Understanding includes present and future needs and capabilities, with a consideration of external forces such as competition and legislation. Imagination, based on knowledge, is an important factor here: when customers change their goals and competitors change strategy, we still want to stay ahead of the game.

Real-world understanding includes understanding where incomplete knowledge exists. When this is openly accepted, associated risks can be identified and actively managed. Much of the work involved in business is about managing surprises. Quality should include reducing surprises by highlighting realities in time to prepare for possibilities. With an improved understanding, we can make decisions that will lead to better chances of staying in business. This means balancing stakeholder value needs with current and future capabilities of both internal and external systems. It means saying no and focusing resources to retain key stakeholders and increase targeted value flows (such as more lucrative customers and growing markets).

Improvement

Decisions are, in one sense, promises. They commit resources to the achievement of objectives. They are investing value now to achieve value later. Most business decisions at a strategic level lead to necessary changes in the business system to achieve new business goals. Serious business improvement is undertaken to meet explicit or implicit promises of strategic decisions.

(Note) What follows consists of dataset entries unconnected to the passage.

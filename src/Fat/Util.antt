-- ===== src/Fat/Util.antt =====
-- full_pread and full_pwrite of fat_util.c. Each loop runs on fuel: a device that is interrupted for
-- ever keeps it going for ever.
pub mod Posix
pub mod Read
pub mod Write
pub mod Interrupt
use famaf_unc.Base.{
  not, true, false, ℕ, zero, suc, ◌+◌, ◌-◌, ◌%◌, ◌^◌, ◌&&◌, List, [], ◌∷◌, ltb, leb, ◌==◌,
  if◌then◌else◌, length,
}
use famaf_unc.Fat.Device.{
  ◌>>=◌, pure, Device, Volume, Io, done, failed, Run, ok, out_of_fuel, Cmd, eintr, eio, einval,
}

abbrev pub get_or : List ℕ → ℕ → ℕ → ℕ
get_or [] i d = d
get_or (b ∷ bs) zero d = b
get_or (b ∷ bs) (suc i) d = get_or bs i d

-- Memory after the bytes have been stored from address `buf` on.
abbrev pub store_bytes : (ℕ → ℕ) → ℕ → List ℕ → ℕ → ℕ
store_bytes mem buf bs a =
    if leb buf a && ltb a (buf + length bs) then get_or bs (a - buf) (mem a) else mem a

-- The `count` bytes at address `buf`.
abbrev pub load_bytes : (ℕ → ℕ) → ℕ → ℕ → List ℕ
load_bytes mem buf zero = []
load_bytes mem buf (suc n) = mem buf ∷ load_bytes mem (buf + 1) n

-- `size_t` difference.
abbrev pub sub64 : ℕ → ℕ → ℕ
sub64 a b = (a + 2 ^ 64 - b) % 2 ^ 64

-- What pread moved, as a count, and the volume after the call.
pub pread_into : {D : Type 0} → ℕ → D × Io (List ℕ) → Volume D → Volume D × Io ℕ
pread_into buf (d, done bs) v =
    (record v { disk = d; mem = store_bytes v.mem buf bs }, done (length bs))
pread_into buf (d, failed e) v = (record v { disk = d }, failed e)

-- What follows a call that moved `r` bytes, or failed. After `continue` the loop's increments run
-- with `bytes_read == -1`: one byte more remains, and `buf` and `offset` have moved back by one. A
-- call at offset -1 fails with `EINVAL`.
pub moved :
    {D : Type 0}
    → ((buf remaining offset : ℕ) → Cmd D ℕ)
    → (buf remaining offset : ℕ) → Volume D × Io ℕ
    → Run D ℕ
moved again buf remaining offset (w, done zero) = ok remaining (record w { errno = eio })
moved again buf remaining offset (w, done (suc n)) =
    again (buf + suc n) (sub64 remaining (suc n)) (offset + suc n) w
moved again buf remaining offset (w, failed e) =
    if not (e == eintr)
    then ok remaining (record w { errno = e })
    else if offset == 0
    then ok ((remaining + 1) % 2 ^ 64) (record w { errno = einval })
    else again (buf - 1) ((remaining + 1) % 2 ^ 64) (offset - 1) (record w { errno = e })

pub full_pread_loop : {D : Type 0} → Device D → ℕ → (buf remaining offset : ℕ) → Cmd D ℕ
unfolding pread_into moved
full_pread_loop dev zero buf remaining offset v = out_of_fuel
full_pread_loop dev (suc fuel) buf zero offset v = ok 0 v
full_pread_loop dev (suc fuel) buf (suc n) offset v =
    moved (full_pread_loop dev fuel) buf (suc n) offset
      (pread_into buf (dev.pread v.disk (suc n) offset) v)

-- The loop's result is `bytes_remaining`.
unfoldable pub full_pread : {D : Type 0} → Device D → ℕ → (buf count offset : ℕ) → Cmd D ℕ
unfolding full_pread_loop
full_pread dev fuel buf count offset = do
  remaining ← full_pread_loop dev fuel buf count offset
  pure (sub64 count remaining)

pub pwrite_from : {D : Type 0} → D × Io ℕ → Volume D → Volume D × Io ℕ
pwrite_from (d, r) v = (record v { disk = d }, r)

pub full_pwrite_loop : {D : Type 0} → Device D → ℕ → (buf remaining offset : ℕ) → Cmd D ℕ
unfolding pwrite_from moved
full_pwrite_loop dev zero buf remaining offset v = out_of_fuel
full_pwrite_loop dev (suc fuel) buf zero offset v = ok 0 v
full_pwrite_loop dev (suc fuel) buf (suc n) offset v =
    moved (full_pwrite_loop dev fuel) buf (suc n) offset
      (pwrite_from (dev.pwrite v.disk (load_bytes v.mem buf (suc n)) offset) v)

unfoldable pub full_pwrite : {D : Type 0} → Device D → ℕ → (buf count offset : ℕ) → Cmd D ℕ
unfolding full_pwrite_loop
full_pwrite dev fuel buf count offset = do
  remaining ← full_pwrite_loop dev fuel buf count offset
  pure (sub64 count remaining)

Improvements in practice have not always been successful in helping to meet promises. A classic failure has been to target improvements off the business line. Practicing in safe areas is one thing, but as Wallace Andrews said: ‘You can learn all you want about Freud, but sooner or later you have to go out with the girls.’

Understanding is the foundation of improvement. Attempting to improve systems with intuition and pseudo-brainstorming can be a dangerous game. Systems are interconnected wholes: changing one element can have a significant impact on other, often distant, parts of the system. Improvement without true understanding is easy. You shift the work somewhere else, but improperly fixing one problem just causes another to pop up somewhere else.

As well as working on meeting today’s promises, improvements can target the longer-term. In Competing for the Future, Gary Hamel and C.K. Prahalad highlighted how competencies can take years to develop and that tomorrow’s competitions are already being won or lost in improvements we are making today.

Assurance

When needs and capabilities are understood and the system improved, all we need to do is make sure that it actually works. Ideally, there would be no need for assurance, but it is part of the system where specifications are important. The previous stages ensured that definitions of what was to be done were optimal and clear - this stage is about making sure things happen on time, every time.